▶ _TASK TO COMPLETE_:
Begin at the line that contains "unit_relation_from_unique_atom unit_atom_before = unit_before" and repeat every line from there to the end of the records below, inclusive, without adding any other line.

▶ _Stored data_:
====================

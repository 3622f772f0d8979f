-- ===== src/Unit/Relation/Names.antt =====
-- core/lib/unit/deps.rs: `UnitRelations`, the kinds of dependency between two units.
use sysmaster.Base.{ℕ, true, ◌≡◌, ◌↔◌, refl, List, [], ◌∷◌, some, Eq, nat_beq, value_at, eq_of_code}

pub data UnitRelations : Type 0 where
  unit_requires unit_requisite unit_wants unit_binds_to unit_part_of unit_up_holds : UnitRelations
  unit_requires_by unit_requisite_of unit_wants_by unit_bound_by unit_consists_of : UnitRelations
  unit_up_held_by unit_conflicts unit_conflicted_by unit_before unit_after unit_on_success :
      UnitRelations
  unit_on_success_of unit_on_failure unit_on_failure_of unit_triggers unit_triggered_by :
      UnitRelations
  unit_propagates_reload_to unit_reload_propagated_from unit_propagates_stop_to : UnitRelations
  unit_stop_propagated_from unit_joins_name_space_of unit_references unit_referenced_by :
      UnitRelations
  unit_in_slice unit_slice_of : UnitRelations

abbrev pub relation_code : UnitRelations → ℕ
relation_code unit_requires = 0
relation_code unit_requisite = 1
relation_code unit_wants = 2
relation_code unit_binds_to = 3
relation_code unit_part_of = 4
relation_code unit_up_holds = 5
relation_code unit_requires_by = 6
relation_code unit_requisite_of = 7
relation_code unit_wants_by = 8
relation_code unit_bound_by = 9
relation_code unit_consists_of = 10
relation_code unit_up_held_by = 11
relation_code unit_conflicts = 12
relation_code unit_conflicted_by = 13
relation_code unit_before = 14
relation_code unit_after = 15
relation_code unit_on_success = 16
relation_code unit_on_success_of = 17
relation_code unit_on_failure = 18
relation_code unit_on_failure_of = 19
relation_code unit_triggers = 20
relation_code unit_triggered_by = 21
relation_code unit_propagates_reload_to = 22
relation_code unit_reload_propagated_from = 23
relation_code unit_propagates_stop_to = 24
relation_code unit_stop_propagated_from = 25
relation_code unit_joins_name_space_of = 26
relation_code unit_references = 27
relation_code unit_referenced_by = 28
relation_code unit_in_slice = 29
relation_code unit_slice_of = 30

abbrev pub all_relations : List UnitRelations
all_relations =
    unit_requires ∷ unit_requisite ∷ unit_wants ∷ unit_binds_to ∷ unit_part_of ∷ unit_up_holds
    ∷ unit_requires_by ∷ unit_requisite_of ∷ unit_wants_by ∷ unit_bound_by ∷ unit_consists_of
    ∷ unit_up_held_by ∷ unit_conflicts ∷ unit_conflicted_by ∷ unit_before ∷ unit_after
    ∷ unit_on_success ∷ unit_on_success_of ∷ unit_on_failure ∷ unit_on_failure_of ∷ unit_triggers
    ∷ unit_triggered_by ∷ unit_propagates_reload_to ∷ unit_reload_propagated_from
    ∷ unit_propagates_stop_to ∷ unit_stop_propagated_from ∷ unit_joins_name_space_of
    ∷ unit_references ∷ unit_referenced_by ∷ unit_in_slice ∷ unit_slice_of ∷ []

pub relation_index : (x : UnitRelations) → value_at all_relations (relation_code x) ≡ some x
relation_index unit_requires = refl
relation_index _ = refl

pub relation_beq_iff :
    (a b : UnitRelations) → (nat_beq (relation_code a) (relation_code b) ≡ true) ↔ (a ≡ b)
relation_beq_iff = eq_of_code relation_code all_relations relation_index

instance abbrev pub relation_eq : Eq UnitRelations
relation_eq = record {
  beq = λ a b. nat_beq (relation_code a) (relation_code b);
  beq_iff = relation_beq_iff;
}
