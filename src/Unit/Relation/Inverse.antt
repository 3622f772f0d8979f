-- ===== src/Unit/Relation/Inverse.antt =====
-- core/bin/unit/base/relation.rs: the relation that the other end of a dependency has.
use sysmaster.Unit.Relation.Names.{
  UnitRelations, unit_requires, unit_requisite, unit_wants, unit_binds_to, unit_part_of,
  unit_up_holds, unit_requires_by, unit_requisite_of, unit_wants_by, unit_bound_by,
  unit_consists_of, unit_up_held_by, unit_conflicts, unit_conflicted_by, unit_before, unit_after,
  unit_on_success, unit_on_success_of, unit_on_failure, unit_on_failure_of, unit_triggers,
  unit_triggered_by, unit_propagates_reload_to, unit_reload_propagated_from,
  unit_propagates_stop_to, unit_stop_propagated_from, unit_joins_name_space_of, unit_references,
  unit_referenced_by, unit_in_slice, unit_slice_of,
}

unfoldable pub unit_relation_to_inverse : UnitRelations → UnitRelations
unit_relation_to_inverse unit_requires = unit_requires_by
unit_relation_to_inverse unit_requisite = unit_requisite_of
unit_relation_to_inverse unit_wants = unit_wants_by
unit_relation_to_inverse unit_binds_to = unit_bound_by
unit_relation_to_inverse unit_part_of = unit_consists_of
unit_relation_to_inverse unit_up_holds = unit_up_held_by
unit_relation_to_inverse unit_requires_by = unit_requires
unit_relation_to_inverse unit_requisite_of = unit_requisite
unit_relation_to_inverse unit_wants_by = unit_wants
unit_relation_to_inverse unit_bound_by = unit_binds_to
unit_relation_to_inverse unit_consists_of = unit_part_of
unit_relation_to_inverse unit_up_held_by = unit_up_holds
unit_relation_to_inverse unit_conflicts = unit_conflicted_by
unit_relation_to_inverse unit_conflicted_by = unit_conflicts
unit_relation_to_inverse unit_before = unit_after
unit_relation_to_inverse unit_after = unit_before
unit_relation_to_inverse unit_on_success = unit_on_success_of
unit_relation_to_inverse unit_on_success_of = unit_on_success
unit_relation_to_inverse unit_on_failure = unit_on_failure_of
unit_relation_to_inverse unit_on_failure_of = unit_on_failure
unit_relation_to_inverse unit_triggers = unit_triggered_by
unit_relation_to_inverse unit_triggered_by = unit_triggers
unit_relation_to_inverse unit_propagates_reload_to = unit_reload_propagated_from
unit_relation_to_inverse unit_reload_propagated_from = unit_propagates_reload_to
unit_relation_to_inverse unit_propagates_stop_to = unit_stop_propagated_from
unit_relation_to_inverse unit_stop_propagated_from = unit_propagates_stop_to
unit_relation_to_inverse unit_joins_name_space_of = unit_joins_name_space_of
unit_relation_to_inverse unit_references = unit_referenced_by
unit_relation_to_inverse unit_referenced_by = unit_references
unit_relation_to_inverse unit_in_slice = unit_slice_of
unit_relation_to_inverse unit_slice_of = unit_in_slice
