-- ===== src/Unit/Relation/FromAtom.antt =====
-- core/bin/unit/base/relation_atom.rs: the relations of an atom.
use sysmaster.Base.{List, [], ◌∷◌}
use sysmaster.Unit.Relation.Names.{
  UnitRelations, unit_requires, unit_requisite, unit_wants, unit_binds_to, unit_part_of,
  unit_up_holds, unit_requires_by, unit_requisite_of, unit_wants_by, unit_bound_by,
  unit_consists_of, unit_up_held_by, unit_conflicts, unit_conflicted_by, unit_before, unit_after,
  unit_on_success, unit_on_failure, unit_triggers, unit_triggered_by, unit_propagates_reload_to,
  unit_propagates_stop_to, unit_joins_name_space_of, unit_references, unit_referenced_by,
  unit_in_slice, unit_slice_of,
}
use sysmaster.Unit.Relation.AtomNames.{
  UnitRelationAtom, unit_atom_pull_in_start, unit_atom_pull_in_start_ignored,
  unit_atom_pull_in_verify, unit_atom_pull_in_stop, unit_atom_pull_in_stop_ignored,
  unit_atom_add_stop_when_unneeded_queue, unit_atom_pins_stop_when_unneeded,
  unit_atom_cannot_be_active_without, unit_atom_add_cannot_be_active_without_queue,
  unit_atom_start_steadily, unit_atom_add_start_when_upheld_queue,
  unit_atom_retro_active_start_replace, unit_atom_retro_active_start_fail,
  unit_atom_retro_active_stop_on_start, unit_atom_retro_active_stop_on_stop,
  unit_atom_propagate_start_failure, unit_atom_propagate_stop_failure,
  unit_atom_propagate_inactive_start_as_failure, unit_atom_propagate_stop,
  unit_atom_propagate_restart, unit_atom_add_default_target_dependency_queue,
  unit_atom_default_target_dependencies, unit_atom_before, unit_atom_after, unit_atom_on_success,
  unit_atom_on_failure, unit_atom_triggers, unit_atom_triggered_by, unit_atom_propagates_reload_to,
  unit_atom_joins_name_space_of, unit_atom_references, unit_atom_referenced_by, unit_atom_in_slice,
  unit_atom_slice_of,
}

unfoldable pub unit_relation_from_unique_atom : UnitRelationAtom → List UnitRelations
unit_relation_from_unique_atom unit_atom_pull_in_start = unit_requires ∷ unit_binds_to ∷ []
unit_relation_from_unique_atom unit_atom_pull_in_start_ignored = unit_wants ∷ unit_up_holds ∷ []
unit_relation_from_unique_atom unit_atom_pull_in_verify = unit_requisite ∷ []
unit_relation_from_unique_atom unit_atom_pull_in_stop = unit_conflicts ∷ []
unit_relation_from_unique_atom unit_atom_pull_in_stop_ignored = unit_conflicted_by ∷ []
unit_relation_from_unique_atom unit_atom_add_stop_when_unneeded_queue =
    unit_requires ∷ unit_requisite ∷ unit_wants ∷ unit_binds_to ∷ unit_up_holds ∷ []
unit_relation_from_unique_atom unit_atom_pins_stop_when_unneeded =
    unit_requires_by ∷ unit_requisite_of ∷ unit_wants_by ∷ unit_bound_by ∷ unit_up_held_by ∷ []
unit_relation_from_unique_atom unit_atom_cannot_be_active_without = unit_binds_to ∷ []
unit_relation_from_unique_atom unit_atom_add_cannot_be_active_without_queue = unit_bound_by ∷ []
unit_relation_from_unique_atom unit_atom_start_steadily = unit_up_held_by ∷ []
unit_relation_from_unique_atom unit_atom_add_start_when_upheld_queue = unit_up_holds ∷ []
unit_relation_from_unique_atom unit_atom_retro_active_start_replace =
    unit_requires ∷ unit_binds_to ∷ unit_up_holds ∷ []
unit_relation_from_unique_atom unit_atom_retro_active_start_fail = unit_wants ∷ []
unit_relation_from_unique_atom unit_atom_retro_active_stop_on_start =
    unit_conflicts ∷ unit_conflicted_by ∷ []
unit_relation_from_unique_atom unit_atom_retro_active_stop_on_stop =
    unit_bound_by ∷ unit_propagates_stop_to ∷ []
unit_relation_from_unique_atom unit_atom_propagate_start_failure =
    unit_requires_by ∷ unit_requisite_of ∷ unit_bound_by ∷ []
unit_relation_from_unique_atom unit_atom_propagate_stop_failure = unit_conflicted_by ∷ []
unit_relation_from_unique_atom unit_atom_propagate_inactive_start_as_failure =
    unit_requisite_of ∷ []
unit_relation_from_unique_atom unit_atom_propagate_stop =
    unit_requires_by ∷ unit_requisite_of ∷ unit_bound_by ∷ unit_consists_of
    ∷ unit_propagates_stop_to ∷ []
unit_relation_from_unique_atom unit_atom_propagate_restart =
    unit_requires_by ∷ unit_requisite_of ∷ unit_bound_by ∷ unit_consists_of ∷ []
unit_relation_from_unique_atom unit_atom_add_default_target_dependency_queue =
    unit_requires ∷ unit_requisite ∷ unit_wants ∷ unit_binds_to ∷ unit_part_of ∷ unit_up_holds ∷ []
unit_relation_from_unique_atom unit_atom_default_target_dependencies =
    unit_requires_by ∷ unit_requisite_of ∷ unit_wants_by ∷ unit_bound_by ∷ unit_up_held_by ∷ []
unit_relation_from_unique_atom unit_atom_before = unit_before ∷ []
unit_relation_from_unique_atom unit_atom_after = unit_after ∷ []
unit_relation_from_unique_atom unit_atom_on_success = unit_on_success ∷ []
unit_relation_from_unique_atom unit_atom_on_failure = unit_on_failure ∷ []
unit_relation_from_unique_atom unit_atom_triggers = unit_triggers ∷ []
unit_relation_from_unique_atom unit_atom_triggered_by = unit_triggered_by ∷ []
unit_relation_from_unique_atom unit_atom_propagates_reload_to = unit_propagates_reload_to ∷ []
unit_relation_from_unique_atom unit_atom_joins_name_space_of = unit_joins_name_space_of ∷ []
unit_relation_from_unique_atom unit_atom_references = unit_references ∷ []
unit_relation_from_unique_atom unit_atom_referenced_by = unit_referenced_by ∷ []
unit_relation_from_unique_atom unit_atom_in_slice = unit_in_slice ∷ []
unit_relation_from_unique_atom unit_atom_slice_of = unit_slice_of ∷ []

====================

▶ _WRITTEN ANSWER_:
unit_relation_from_unique_atom unit_atom_before = unit_before ∷ []
unit_relation_from_unique_atom unit_atom_after = unit_after ∷ []
unit_relation_from_unique_atom unit_atom_on_success = unit_on_success ∷ []
unit_relation_from_unique_atom unit_atom_on_failure = unit_on_failure ∷ []
unit_relation_from_unique_atom unit_atom_triggers = unit_triggers ∷ []
unit_relation_from_unique_atom unit_atom_triggered_by = unit_triggered_by ∷ []
unit_relation_from_unique_atom unit_atom_propagates_reload_to = unit_propagates_reload_to ∷ []
unit_relation_from_unique_atom unit_atom_joins_name_space_of = unit_joins_name_space_of ∷ []
unit_relation_from_unique_atom unit_atom_references = unit_references ∷ []
unit_relation_from_unique_atom unit_atom_referenced_by = unit_referenced_by ∷ []
unit_relation_from_unique_atom unit_atom_in_slice = unit_in_slice ∷ []
unit_relation_from_unique_atom unit_atom_slice_of = unit_slice_of ∷ []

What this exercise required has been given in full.